The SCC also said that its decision does not conflict with its prior approval of retail choice for an aggregation of Reynolds Group Holdings Inc.'s load (the first such application for aggregation, see story here). The SCC said that in the Reynolds case it had emphasized that the result of its review was strictly limited to the instant case and did not establish specific rules for, or the eventual scope of aggregated retail choice

As noted by RetailEnergyX.com, over a half a dozen customers including Costco, Target, Harris Teeter, Kroger, Safeway and Cox have filed similar petitions to take retail choice under the aggregation provision. While each case has its own facts and the load may be smaller than Walmart, given the SCC's over-arching concerns about cost-shifting, such customers will face a high hurdle in overcoming the SCC's stated public interest concerns established in the Walmart orders

Case Numbers PUR-2017-00173, PUR-2017-00174

Earlier:

The Virginia State Corporation Commission (SCC) has rejected Walmart’s request for permission to leave the utility systems of Dominion Energy Virginia (Dominion) and Appalachian Power Company (APCo) to obtain competitive electric power supply for its retail stores throughout Virginia from third-party suppliers.

The SCC said in a news release that, "The Commission found that if Walmart, a large-demand customer, left the utilities’ systems, the remaining Dominion and APCo customers who do not have the legal right to leave and seek lower rates would be harmed by the resulting shifting of costs to captive customers. Such captives represent the vast majority of both utilities’ customers and include residential and small businesses."

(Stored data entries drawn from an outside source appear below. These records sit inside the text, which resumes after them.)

-- ===== src/Quests/Calls.antt =====
-- src/quest_functions.c: the functions that ask the shipgate for flags or the censor for a word, the
-- ship's name, and `quest_function_dispatch` over all of them.
pub mod Pushed
pub mod Stale
mod Examples
use ship_server.Base.{
  ℕ, zero, suc, ◌+◌, ◌-◌, ◌*◌, ◌%◌, ◌/◌, Bool, true, false, not, ◌&&◌, ◌||◌, List, [], ◌∷◌, ◌++◌,
  Option, none, some, ltb, leb, ◌==◌, if◌then◌else◌, get_elem?, get_or, take, u8,
}
use ship_server.Quests.Functions.{
  Team, Effect, sync, request, Called, bad_arg_count, bad_ret_count, invalid_arg, invalid_register,
  invalid_func, shipgate_err, not_yet, long_flag, delete_flag, arg, fails, answers, sync_from,
  get_section_id, get_char_class, get_char_gender, get_char_race, get_char_job, get_client_floor,
  get_client_position, get_level, get_pos_updates, one_value, get_client_count_updates,
  get_random_integer,
}

-- What the functions take from outside: the time, a random number, the caller's place in the team,
-- the clients of ship and block, the ship's name, whether the shipgate cannot be asked, what the
-- censor and a script answer.
pub record Env : Type 0 where
  pub now : ℕ
  pub rnd : ℕ
  pub me : ℕ
  pub ship_clients : ℕ
  pub block_clients : ℕ
  pub name : List ℕ
  pub refuses : Effect → Bool
  pub censor : List ℕ → ℕ
  pub script : Team → List ℕ → Called

-- The request, after which the stack is locked until the shipgate replies.
pub ask : (Effect → Bool) → Effect → Team → Called
ask refuses r t =
    if refuses r
    then fails shipgate_err t
    else record { code = not_yet; locks = true; team = t; effects = r ∷ [] }

pub get_flag : ℕ → Env → Team → List ℕ → Called
get_flag ctl env t s =
    if not (arg s 1 == 1)
    then fails bad_arg_count t
    else if not (arg s 2 == 1)
    then fails bad_ret_count t
    else if ltb 255 (arg s 4)
    then fails invalid_register t
    else ask env.refuses (request false (arg s 3) 0 ctl) t

pub get_quest_sflag : Env → Team → List ℕ → Called
get_quest_sflag = get_flag 0

pub get_quest_lflag : Env → Team → List ℕ → Called
get_quest_lflag = get_flag long_flag

pub set_quest_sflag : Env → Team → List ℕ → Called
set_quest_sflag env t s =
    if not (arg s 1 == 2)
    then fails bad_arg_count t
    else if not (arg s 2 == 1)
    then fails bad_ret_count t
    else if ltb 0xFFFF (arg s 4)
    then fails invalid_arg t
    else if ltb 255 (arg s 5)
    then fails invalid_register t
    else ask env.refuses (request true (arg s 3) (arg s 4) 0) t

pub set_quest_lflag : Env → Team → List ℕ → Called
set_quest_lflag env t s =
    if not (arg s 1 == 2)
    then fails bad_arg_count t
    else if not (arg s 2 == 1)
    then fails bad_ret_count t
    else if ltb 255 (arg s 5)
    then fails invalid_register t
    else ask env.refuses (request true (arg s 3) (arg s 4) long_flag) t

pub del_flag : ℕ → Env → Team → List ℕ → Called
del_flag ctl env t s =
    if not (arg s 1 == 1)
    then fails bad_arg_count t
    else if not (arg s 2 == 1)
    then fails bad_ret_count t
    else if ltb 255 (arg s 3)
    then fails invalid_arg t
    else if ltb 255 (arg s 5)
    then fails invalid_register t
    else ask env.refuses (request true (arg s 3) (arg s 4) ctl) t

pub del_quest_sflag : Env → Team → List ℕ → Called
del_quest_sflag = del_flag delete_flag

pub del_quest_lflag : Env → Team → List ℕ → Called
del_quest_lflag = del_flag (long_flag + delete_flag)

-- `n` words of the stack from `i` on.
unfoldable pub words : List ℕ → ℕ → ℕ → List ℕ
words s i zero = []
words s i (suc n) = arg s i ∷ words s (i + 1) n

abbrev cons_char : ℕ → Option (List ℕ) → Option (List ℕ)
cons_char ch none = none
cons_char ch (some str) = some (ch ∷ str)

-- The string of ASCII words, or of the words 0 to 26 for the end and the letters; `none` for a word
-- that is neither.
pub ascii : List ℕ → Option (List ℕ)
ascii [] = some []
ascii (w ∷ ws) = let rest = ascii ws in if ltb 127 w then none else cons_char w rest

pub letters : List ℕ → Option (List ℕ)
letters [] = some []
letters (w ∷ ws) =
    let rest = letters ws in
    if ltb 26 w then none else if w == 0 then some [] else cons_char (w + 64) rest

censored : (List ℕ → ℕ) → Team → ℕ → Option (List ℕ) → Called
censored censor t reg none = fails invalid_arg t
censored censor t reg (some str) = answers t (sync reg (censor str) ∷ [])

pub word_censor_check : (List ℕ → Option (List ℕ)) → Env → Team → List ℕ → Called
word_censor_check read env t s =
    let n = arg s 1 in
    if ltb n 1 || ltb 24 n
    then fails bad_arg_count t
    else if not (arg s 2 == 1)
    then fails bad_ret_count t
    else if ltb 255 (arg s (n + 3))
    then fails invalid_register t
    else censored env.censor t (arg s (n + 3)) (read (words s 3 n))

-- `tmpname[i]`
abbrev name_byte : Env → ℕ → ℕ
name_byte env i = get_or (take 12 env.name) i 0

abbrev four_bytes : Env → ℕ → ℕ
four_bytes env i =
    name_byte env i
    + 256 * name_byte env (i + 1)
    + 65536 * name_byte env (i + 2)
    + 16777216 * name_byte env (i + 3)

abbrev two_bytes : Env → ℕ → ℕ
two_bytes env i = name_byte env i + 65536 * name_byte env (i + 1)

pub name_in : ℕ → List ℕ → Team → List ℕ → Called
name_in last values t s =
    if not (arg s 1 == 0)
    then fails bad_arg_count t
    else if not (arg s 2 == 1)
    then fails bad_ret_count t
    else if ltb last (arg s 3)
    then fails invalid_register t
    else answers t (sync_from (arg s 3) values)

pub get_ship_name : Env → Team → List ℕ → Called
get_ship_name env = name_in 253 (four_bytes env 0 ∷ four_bytes env 4 ∷ four_bytes env 8 ∷ [])

pub get_ship_name_utf16 : Env → Team → List ℕ → Called
get_ship_name_utf16 env = name_in 250 (
    two_bytes env 0
    ∷ two_bytes env 2
    ∷ two_bytes env 4
    ∷ two_bytes env 6
    ∷ two_bytes env 8
    ∷ two_bytes env 10
    ∷ [])

-- QUEST_FUNC_MAX and QUEST_SCRIPT_START
abbrev func_max : ℕ
func_max = 26

abbrev pub script_start : ℕ
script_start = 0x80000000

-- The functions in the order of their numbers, before and after the two that delete flags.
unfoldable pub first_functions : Env → List (Team → List ℕ → Called)
first_functions env =
    get_section_id
    ∷ one_value env.now
    ∷ (λ t. one_value t.num_clients t)
    ∷ get_char_class
    ∷ get_char_gender
    ∷ get_char_race
    ∷ get_char_job
    ∷ get_client_floor
    ∷ get_client_position
    ∷ get_random_integer env.rnd
    ∷ one_value env.ship_clients
    ∷ one_value env.block_clients
    ∷ get_quest_sflag env
    ∷ set_quest_sflag env
    ∷ get_quest_lflag env
    ∷ set_quest_lflag env
    ∷ []

pub last_functions : Env → List (Team → List ℕ → Called)
last_functions env =
    word_censor_check ascii env
    ∷ word_censor_check letters env
    ∷ (λ t. one_value t.rand_seed t)
    ∷ get_pos_updates env.me
    ∷ get_level
    ∷ get_ship_name env
    ∷ get_ship_name_utf16 env
    ∷ one_value func_max
    ∷ get_client_count_updates env.me
    ∷ []

unfoldable pub functions : Env → List (Team → List ℕ → Called)
functions env =
    first_functions env ++ (del_quest_sflag env ∷ del_quest_lflag env ∷ last_functions env)

unfoldable pub call : Option (Team → List ℕ → Called) → Team → List ℕ → Called
call none t s = fails invalid_func t
call (some function) t s = function t s

unfoldable pub quest_function_dispatch : Env → Team → List ℕ → Called
quest_function_dispatch env t s =
    if ltb script_start (arg s 0)
    then env.script t s
    else call (get_elem? (functions env) (arg s 0)) t s
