-- ===== src/Lib.antt =====
-- A verification library for opencode-rc: remote access to opencode sessions on a user's own
-- machines, through an API server in front of a gateway.
--
-- The API server signs users in, keeps their sessions in Redis, and proxies requests to the opencode
-- server of a session. Before a request is forwarded, a chain of guards decides whether the
-- deployment's config allows it; the guards read the request's path and sometimes its body, and the
-- proxy forwards the very bytes that they read.
--
-- Files:
-- - Common: lists, options and texts (a text is a list of code points); Regex: regular expressions by
--   derivatives, with their laws; Json: JSON values; Config: the types of config/schema.ts.
-- - Redis: the commands of `RedisLike` (api/src/token-store.ts) as programs over a database that is a
--   parameter with the documented laws of GET, SET, DEL, TTL and of expiry; Redis.Memory is one.
-- - Tokens: api/src/token-store.ts. `create_code`, `consume_code`, `create_chain`, `session_active`,
--   `rotate` and `revoke` are the methods of `TokenStore`. The random tokens are arguments, SHA-256
--   (`hash`) and the JSON codec of the two records are parameters. Tokens.Keys, Rotate, Sessions,
--   SignIn and Crash hold what the methods do; Tokens.Race runs several rotations at once, as a list of
--   turns and waits.
-- - Auth: the sign-in of api/src/auth.ts. Auth.AccessToken is api/src/token.ts, Auth.Origins
--   api/src/origins.ts, Auth.Routes the guard of signed-in routes (with api/src/protocol.ts) and
--   `POST /auth/token`, `/auth/refresh` and `/auth/logout` over the token store, Auth.Provider
--   `/auth/start`, `/auth/callback` and `/auth/app-token`. The HMAC and the hash, `new URL`, the token
--   endpoint and the verification of ID tokens are parameters.
-- - Authz: api/src/authz.ts: `check`, `evict`, `evictAll` and `watch` of `Authorizer`, `requireAccess`
--   and `tokenMatches`. Authz.Watch is the watch as steps on its flags,
--   Authz.Admin `adminRoutes`.
-- - Config.Parse: `parseConfig` of config/schema.ts; Config.Strict: what a config that was read
--   guarantees.
-- - Tunnel: cli/src/tunnel.ts. Tunnel.Frames is `encodeFrame` and `decodeFrameHeader`, Tunnel.Streams the
--   handlers, as functions from the state to a state and a list of effects.
-- - Proxy: the rest of api/src/proxy.ts: `session_access`, `proxy_http` (the request that is sent),
--   `rewrite_response`, and Proxy.Stream for `endOnDenial`.
-- - Relay: the WebSocket handlers of api/src/ws-relay.ts, with ws-close.ts: `step` is one event, `run` a
--   list of them. Launch: the handlers of cli/src/server.ts on what the local server prints.
-- - Api.Paths: `proxyRest` and `canonicalPath` of api/src/proxy.ts, `isPlainPath` of
--   api/src/feature-guards.ts and api/src/route-template.ts. Paths.Escapes is decodeURIComponent,
--   Paths.Url the path of `new URL`.
-- - Api.Request: what a guard sees of a request, and api/src/request-body.ts; Api.Rules:
--   api/src/block-guard.ts and body-guard.ts; Api.Arguments: api/src/command-arguments.ts,
--   `mayRunShell` of shell-guard.ts, and the file references of download-guard.ts.
-- - Api.V1: the guards of opencode 1.x sessions (api/src/v1-routes.ts, v1-never.ts,
--   provider-secrets.ts and the guard of each feature); Api.V2: api/src/v2-routes.ts and v2-guard.ts;
--   Api.Guards: `v1Guards`, `v2Guards` and `versionedGuards`.
-- - Api.Proofs: what the guards guarantee of a request that they let pass.
--
-- A guard is a function from a request and its variables to a refusal or to the variables that the
-- next guard sees. Loops are structural recursion; only `argument_tokens` of Api.Arguments runs on fuel,
-- the length of the text, which Api.Proofs.Arguments shows to be enough.
--
-- Not modelled: TextDecoder, JSON.parse, Number and `new URL` beyond the path (parameters), the
-- server's own requests (`fetchServerInfo` and the webhook's response are parameters), the sockets and
-- requests of the tunnel and of the relay (effects),
-- a `headers.set` of the proxy that throws, an email or a name of a signed token that is no text,
-- the two routes of api/src/auth.ts that print settings, logging, the gateway (Go), and the user interfaces.
pub mod Common
pub mod Regex
pub mod Json
pub mod Config
pub mod Redis
pub mod Tokens
pub mod Auth
pub mod Authz
pub mod Tunnel
pub mod Relay
pub mod Proxy
pub mod Launch
pub mod Api
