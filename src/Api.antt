-- ===== src/Api.antt =====
-- The API server, api/src.
pub mod Paths
pub mod Request
pub mod Rules
pub mod Arguments
pub mod V2
pub mod V1
pub mod Guards
pub mod Proofs
mod Tests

"Based on the record developed in this case, if Walmart’s request to leave was granted, the costs shifted to remaining captive customers is estimated at $65 million for Dominion customers and $4 million for APCo customers over the next 10 years. The loss of Walmart’s demand would cause, for remaining customers, a net increase in other costs, including rate adjustment clauses and base rates, and a possible decrease in rate refunds otherwise due to customers," the SCC said in a news release

"The Commission also considered Walmart’s application in the context of the past ten years of rising rates for captive customers of Dominion and APCo. Over this time, the monthly bills for APCo residential customers have increased by $48, or 73 percent, and for Dominion residential customers by $26, or 29 percent. And, the Commission noted the likelihood of future rate increases stating, 'Additional bill increases are expected as utilities incur new costs under the mandates of Senate Bill 966,'" the SCC said in a news release

"Enacted by the 2018 session of the Virginia General Assembly, Senate Bill 966 also contained a provision that automatically granted certain large-demand customers of Dominion the right to a two percent rate cut, a rate cut that was not available to residential and small-business customers, and that will result in cost-shifting to small-demand customers," the SCC said in a news release

"In conclusion, given the context of a decade of rising rates and the likelihood of even higher rates in the future, we do not find it consistent with the public interest for captive customers who do not have the legal ability to obtain lower rates – predominantly residential and small business – to suffer from the cost-shifting identified [in this case] by enabling a large-demand customer to seek its power supply elsewhere...," the SCC said

The SCC said in a news release that, "A provision of Virginia law mandates that a single customer with more than five megawatts of demand can leave the utility system and purchase power from a third-party vendor. Another provision of law allows, subject to the Commission’s discretion, an applicant such as Walmart to aggregate the demand from many retail stores to reach the threshold. Walmart had applied under this provision, and the Commission used its legal discretion to deny Walmart’s petition."